Saturday, August 16, 2008

Excuse Me, Mr. Yeats

I was peeling through some literature compellations, and I found the context for the "woman won or woman lost" quote. I thought Yeats said it on his own at some point (my source, sadly, was The Boston Globe's "Quote of the Day"). In fact, it starts the last stanza of Part I of his poem "The Tower." The poem is really long, so I am not going to post it (if you're interested you can find it here).
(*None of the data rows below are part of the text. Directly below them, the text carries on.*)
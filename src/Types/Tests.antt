-- ===== src/Types/Tests.antt =====
-- Arrays at concrete sizes.
use axctl_c.Prelude.{ℕ, ◌≡◌, refl, true, [], ◌∷◌, ltb}
use axctl_c.Types.{Array, array_push}

-- Eight items, and no room for a ninth.
abbrev full : Array ℕ
full = record { items = 1 ∷ 2 ∷ 3 ∷ 4 ∷ 5 ∷ 6 ∷ 7 ∷ 8 ∷ []; capacity = 8 }

full_grows : (array_push (λ n. true) full 9).capacity ≡ 16
unfolding array_push
full_grows = refl

full_stays : (array_push (λ n. ltb n 16) full 9).items ≡ full.items
unfolding array_push
full_stays = refl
Here is the stanza it comes from:

Does the imagination dwell the most
Upon a woman won or woman lost?
If on the lost, admit you turned aside
From a great labyrinth out of pride,
Cowardice, some silly over-subtle thought
Or anything called conscience once;
And that if memory recur, the sun's
Under eclipse and the day blotted out.


Yeah for minor discoveries.

In other news: Someone wants to publish some of my pictures--and the stuff I took with the old point-and-shoot, too (not the fancy thing I take pictures with now). Do I get any money? Uhhhh.....no. Oh, well.

3 comments:

M@ said...

I'm finding that poem very interesting today....

anonymous jones said...

My attention span is that of a gnat, sorry. But I am not surprised someone wants your photos - you are very, very good.

Anais said...

URGENT! You should only give "one time right" to publish so you retain the rights to your work for later usage.